On entering the camp I noticed a few women, who sat beating fruits, while two or three of the older men were busy plaiting baskets. The young men were lying down doing nothing.
As soon as the natives became acquainted with my purpose, they were so polite that they sent a message to an old man who lived in the neighbourhood, and had the reputation of being a most skilful boongary hunter. We had to wait for the old man about a day, and this time I spent in the camp with these children of nature. Here they lived uninfluenced by any form of civilisation, uncontaminated by the corruption which always manifests itself when the natives have had intercourse with white men. It was nature in her pristine state, and it is this kind of savage which it is most profitable to study. Nor are these blacks as dangerous as those who have become familiar with the white man’s customs and character.
The men sleep late in the morning, for they do not care to go out before ten or eleven o’clock, when the dew has left the grass. The first task of the women in the morning is to kindle a fire, which is always built at the entrance to the hut, where the family gradually assemble. They seat themselves in the ashes, stretch themselves a long time, and spend half an hour in scraping and scratching their bodies, a favourite occupation when they sit round the fire. When the men are thoroughly awake they reach out for the baskets, which are filled with tobola, kadjera, or perchance with the remnants of a roasted wallaby. What the blacks are unable to eat on the spot is put away, and may be kept for one or two days. Meat is slightly roasted for this purpose, or it may be preserved in water. Then the women and the children go out to gather fruits, while the men proceed on some hunting expedition or to look for honey. Every day, when it does not rain, the Australian must have his hunt; even the natives who are sufficiently civilised to be employed in the native police force feel this necessity so strongly that they occasionally take off their clothes and make an expedition with the tomahawk. When they return in the afternoon the inevitable fires are at once built; some of them lie down to sleep, while others chat a little and wait for the women to come back with fruits. Some one of the old men may go to work at a basket on which he is engaged.

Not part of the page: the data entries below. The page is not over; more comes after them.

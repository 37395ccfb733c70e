-- ===== src/Diffing/DiffParser/Patch/Sides.antt =====
-- The header lines of a file in a patch: its kind and its two sides.
use Prim.Native.Char.{Char, code}
use analysis_engine_service.Prelude.{
  ℕ, ◌<◌, ◌≡◌, ◌≢◌, refl, ap, ◌∙◌, String, true, false, Bool-cases, inl, inr, Option, none, some,
  List, [], ◌∷◌, ◌++◌, append-nil, eqb, any, ◌==◌, eq_iff, arith, ltb, ltb→lt, &&-true, length,
  Dict, put,
}
use analysis_engine_service.Prelude.Text.{all_chars}
use analysis_engine_service.Prelude.Raises.{ok}
use analysis_engine_service.Prelude.Bytes.{Bytes, bytes}
use analysis_engine_service.Domain.ChangeSet.{added, deleted, renamed}
use analysis_engine_service.Diffing.DiffParser.Quoting.{strip_prefix, unquote}
use analysis_engine_service.Diffing.DiffParser.Quoting.RoundTrip.{name, AreBytes, unquote-name}
use analysis_engine_service.Diffing.DiffParser.Patch.{
  PatchFile, new_file, has_text, or_old, header_of, set_plus, on_header, on_line, step, read_lines,
}
use analysis_engine_service.Diffing.DiffParser.Patch.Print.{
  Kind, edit, create, delete, rename, kind_lines, side, old_side, new_side,
}
use analysis_engine_service.Diffing.DiffParser.Patch.Reading.{within}

-- `bytes.decode("utf-8", errors="replace")`: an ASCII byte is decoded to its character, and the
-- bytes behind it do not depend on it.
pub record Utf8 : Type 0 where
  pub decode : Bytes → String
  pub decode-nil : decode [] ≡ ""
  pub decode-ascii :
      (c : Char) (s : Bytes) → code c < 128 → decode (code c ∷ s) ≡ String.◌∷◌ c (decode s)

abbrev pub prepend : String → String → String
prepend String.[] s = s
prepend (String.◌∷◌ c t) s = String.◌∷◌ c (prepend t s)

abbrev first_code : String → ℕ
first_code String.[] = 0
first_code (String.◌∷◌ c s) = code c

not_null : (c : Char) (s : String) → code c ≢ 47 → (String.◌∷◌ c s == "/dev/null") ≡ false
not_null c s h = elim (Bool-cases (String.◌∷◌ c s == "/dev/null")) [
  | inl e ↦ absurd (h (ap first_code ((eq_iff (String.◌∷◌ c s) "/dev/null").0 e)))
  | inr e ↦ e
]

strip_prefix-a : (s : String) → strip_prefix (prepend "a/" s) "a/" ≡ some s
unfolding strip_prefix
strip_prefix-a s =
    rw (strip_prefix, not_null "a" (String.◌∷◌ "/" s) (λ e. absurd (omega arith))) refl

strip_prefix-b : (s : String) → strip_prefix (prepend "b/" s) "b/" ≡ some s
unfolding strip_prefix
strip_prefix-b s =
    rw (strip_prefix, not_null "b" (String.◌∷◌ "/" s) (λ e. absurd (omega arith))) refl

-- The file that the kind's lines describe.
module _ (U : Utf8) where
  open U use {decode, decode-nil, decode-ascii}

  abbrev pub titled : Bytes → Kind → PatchFile
  titled path edit = new_file
  titled path (create mode) = record new_file { status = added }
  titled path (delete mode) = record new_file { status = deleted }
  titled path (rename similarity old) = record new_file {
    status = renamed;
    old_path = some (decode old);
    path = some (decode path);
  }

  abbrev pub titled_files : Bytes → Kind → ℕ → Dict ℕ → Dict ℕ
  titled_files path edit n files = files
  titled_files path (create mode) n files = files
  titled_files path (delete mode) n files = files
  titled_files path (rename similarity old) n files = put (decode path) n files

  -- A rename's old path holds bytes.
  abbrev pub IsKind : Kind → Type 0
  IsKind edit = Unit
  IsKind (create mode) = Unit
  IsKind (delete mode) = Unit
  IsKind (rename similarity old) = AreBytes old

  pub read_lines-kind :
      (finished : List PatchFile) (files : Dict ℕ) (path : Bytes) (kind : Kind)
      → AreBytes path
      → IsKind kind
      → read_lines decode (within finished new_file none false files) (kind_lines path kind)
        ≡ ok (
            within finished
              (titled path kind)
              none
              false
              (titled_files path kind (length finished) files))
  unfolding read_lines kind_lines step on_line header_of on_header
  read_lines-kind finished files path edit w k = refl
  read_lines-kind finished files path (create mode) w k = refl
  read_lines-kind finished files path (delete mode) w k = refl
  read_lines-kind finished files path (rename similarity old) w k =
      rw ((unquote-name decode old k).0, (unquote-name decode path w).0) refl

  decode-bytes :
      (t : String) (s : Bytes)
      → all_chars (λ c. ltb c 128) t ≡ true
      → decode (bytes t ++ s) ≡ prepend t (decode s)
  decode-bytes String.[] s h = refl
  decode-bytes (String.◌∷◌ c t) s h =
      decode-ascii c (bytes t ++ s) (ltb→lt (code c) 128 (&&-true _ _ h).0)
      ∙ ap (String.◌∷◌ c) (decode-bytes t s (&&-true _ _ h).1)

  unquote-null : unquote decode (bytes "/dev/null") ≡ ok "/dev/null"
  unfolding unquote
  unquote-null = ap ok (decode-bytes "/dev/null" [] refl ∙ ap (prepend "/dev/null") decode-nil)

  unquote-side :
      (prefix : String) (path : Bytes)
      → all_chars (λ c. ltb c 128) prefix ≡ true
      → AreBytes (bytes prefix ++ path)
      → unquote decode (side (bytes prefix) path) ≡ ok (prepend prefix (decode path))
  unquote-side prefix path h w = elim (Bool-cases (any (eqb 32) path)) [
    | inl spaced ↦
        rw spaced ((unquote-name decode (bytes prefix ++ path) w).1)
        ∙ ap ok (decode-bytes prefix path h)
    | inr plain ↦
        rw (plain, append-nil (name (bytes prefix ++ path)))
          ((unquote-name decode (bytes prefix ++ path) w).0)
        ∙ ap ok (decode-bytes prefix path h)
  ]

  pub step-minus :
      (finished : List PatchFile) (file : PatchFile) (files : Dict ℕ) (n : Bytes) (old : String)
      (m : Option String)
      → unquote decode n ≡ ok old
      → strip_prefix old "a/" ≡ m
      → step decode (within finished file none false files) (bytes "--- " ++ n)
        ≡ ok (within finished file m false files)
  unfolding step on_line header_of on_header
  step-minus finished file files n old m h k = rw (h, k) refl

  set_plus-named :
      (finished : List PatchFile) (file : PatchFile) (minus : Option String) (files : Dict ℕ)
      (new p : String)
      → or_old (strip_prefix new "b/") minus ≡ some p
      → has_text (some p) ≡ true
      → set_plus new file (within finished file minus false files)
        ≡ within finished
            (record file { path = some p })
            minus
            false
            (put p (length finished) files)
  unfolding set_plus
  set_plus-named finished file minus files new p h t = rw (set_plus, h, t) refl

  pub step-plus :
      (finished : List PatchFile) (file : PatchFile) (minus : Option String) (files : Dict ℕ)
      (n : Bytes) (new p : String)
      → unquote decode n ≡ ok new
      → or_old (strip_prefix new "b/") minus ≡ some p
      → has_text (some p) ≡ true
      → step decode (within finished file minus false files) (bytes "+++ " ++ n)
        ≡ ok (
            within finished
              (record file { path = some p })
              minus
              false
              (put p (length finished) files))
  unfolding step on_line header_of on_header
  step-plus finished file minus files n new p e h t =
      rw e (ap ok (set_plus-named finished file minus files new p h t))

  -- The path of the old side.
  abbrev pub old_path_of : Bytes → Kind → Option String
  old_path_of path edit = some (decode path)
  old_path_of path (create mode) = none
  old_path_of path (delete mode) = some (decode path)
  old_path_of path (rename similarity old) = some (decode old)

  pub old_side-unquoted :
      (path : Bytes) (kind : Kind)
      → AreBytes path
      → IsKind kind
      → (old : String) × (unquote decode (old_side path kind) ≡ ok old)
        × (strip_prefix old "a/" ≡ old_path_of path kind)
  old_side-unquoted path edit w k =
      (_, unquote-side "a/" path refl (omega arith, (omega arith, w)), strip_prefix-a (decode path))
  old_side-unquoted path (create mode) w k =
      ("/dev/null", unquote-null, unfold strip_prefix in refl)
  old_side-unquoted path (delete mode) w k =
      (_, unquote-side "a/" path refl (omega arith, (omega arith, w)), strip_prefix-a (decode path))
  old_side-unquoted path (rename similarity old) w k =
      (_, unquote-side "a/" old refl (omega arith, (omega arith, k)), strip_prefix-a (decode old))

  pub new_side-unquoted :
      (path : Bytes) (kind : Kind)
      → AreBytes path
      → (new : String) × (unquote decode (new_side path kind) ≡ ok new)
        × (or_old (strip_prefix new "b/") (old_path_of path kind) ≡ some (decode path))
  new_side-unquoted path edit w = (
    _,
    unquote-side "b/" path refl (omega arith, (omega arith, w)),
    ap (λ o. or_old o (old_path_of path edit)) (strip_prefix-b (decode path)),
  )
  new_side-unquoted path (create mode) w = (
    _,
    unquote-side "b/" path refl (omega arith, (omega arith, w)),
    ap (λ o. or_old o (old_path_of path (create mode))) (strip_prefix-b (decode path)),
  )
  new_side-unquoted path (delete mode) w = ("/dev/null", unquote-null, unfold strip_prefix in refl)
  new_side-unquoted path (rename similarity old) w = (
    _,
    unquote-side "b/" path refl (omega arith, (omega arith, w)),
    ap (λ o. or_old o (old_path_of path (rename similarity old))) (strip_prefix-b (decode path)),
  )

The women come home late in the afternoon, and then have their hands full preparing the poisonous plants, but they never work late in the evening. If they have brought much they leave it until the next day. All now enjoy a dolce far niente after the more or less fatiguing work of the day. There is nothing to tax their brains, and they have no cares. They have no concern about the morrow or for the future in general. But few words are spoken. They feel somewhat anxious for their lives when night drops her curtain upon the camp, but gradually the whole family falls asleep, and nothing is heard save the melancholy buzzing of insects in the profound silence of the scrubs.
A little before sundown the next day the old man arrived, accompanied by his two good-looking, well-fed wives. He was one of the oldest men in the tribe and was highly respected. As soon as they entered the camp they seated themselves with crossed legs, but said nothing. When they had rested a while the old man ordered out his wives to find palm leaves for a hut, which was built in a few minutes. To show us that we were welcome, they sent a present, consisting of two large baskets, to our camp, which we had made close by. It was an act of politeness which my blacks expected, and had mentioned to me in advance. The baskets were very nice, in fact admirable specimens of native handiwork (see p. [190]).
In this strange tribe there were two little boys who pleased me particularly. They took a deep interest in me and my camp, and they were not afraid to approach me. They were also very accommodating. I was astonished to find them so obliging and kind, but I have since seen other instances of a similar kind. The black children are not, upon the whole, as bad as one might suppose, considering their education, in which their wills are never resisted. The mother is always fond of her child, and I have often admired her patience with it. She constantly carries it with her at first in a basket, but later on, when it is big enough, on her shoulders, where either she supports it with her hand or else the child holds itself fast by its mother’s head. Thus she carries it with her till it is several years old. If the child cries she may perhaps get angry, but she will never allow herself to strike it. The children are never chastised either by the father or the mother.
An acquaintance of mine, who had associated extensively with the blacks, once gave a naughty child a box on the ear, at which the mother became very much excited, and said, “There was no use in striking the child. He was only a little fellow, not big enough.”
Before the children are big enough to hold a pipe in their mouth they are permitted to smoke, and the mother will share her pipe with the nursing babe.
The children always belong to the tribe of their father, but are fonder of their mother than of their father. When grown up they rarely mention him, in fact oftentimes do not know who he is; for the women frequently change husbands. The father may also be good to the child, and he frequently carries it, takes it in his lap, pats it, searches its hair, plays with it, and makes little boomerangs which he teaches it to throw. He however, prefers boys to girls, and does not pay much attention to the latter. The children play all day long, build mounds, draw figures in the sand, throw boomerangs, etc.
Thus they grow up in perfect freedom, and are never punished. As soon as they can walk they acquire the manners and habits of their elders, but the boys are not permitted to go hunting with their fathers before they are nine years old. Little boys are treated like grown men, or to speak more correctly, the Australian never becomes a man, the father being in thought and deed as much a child as the son.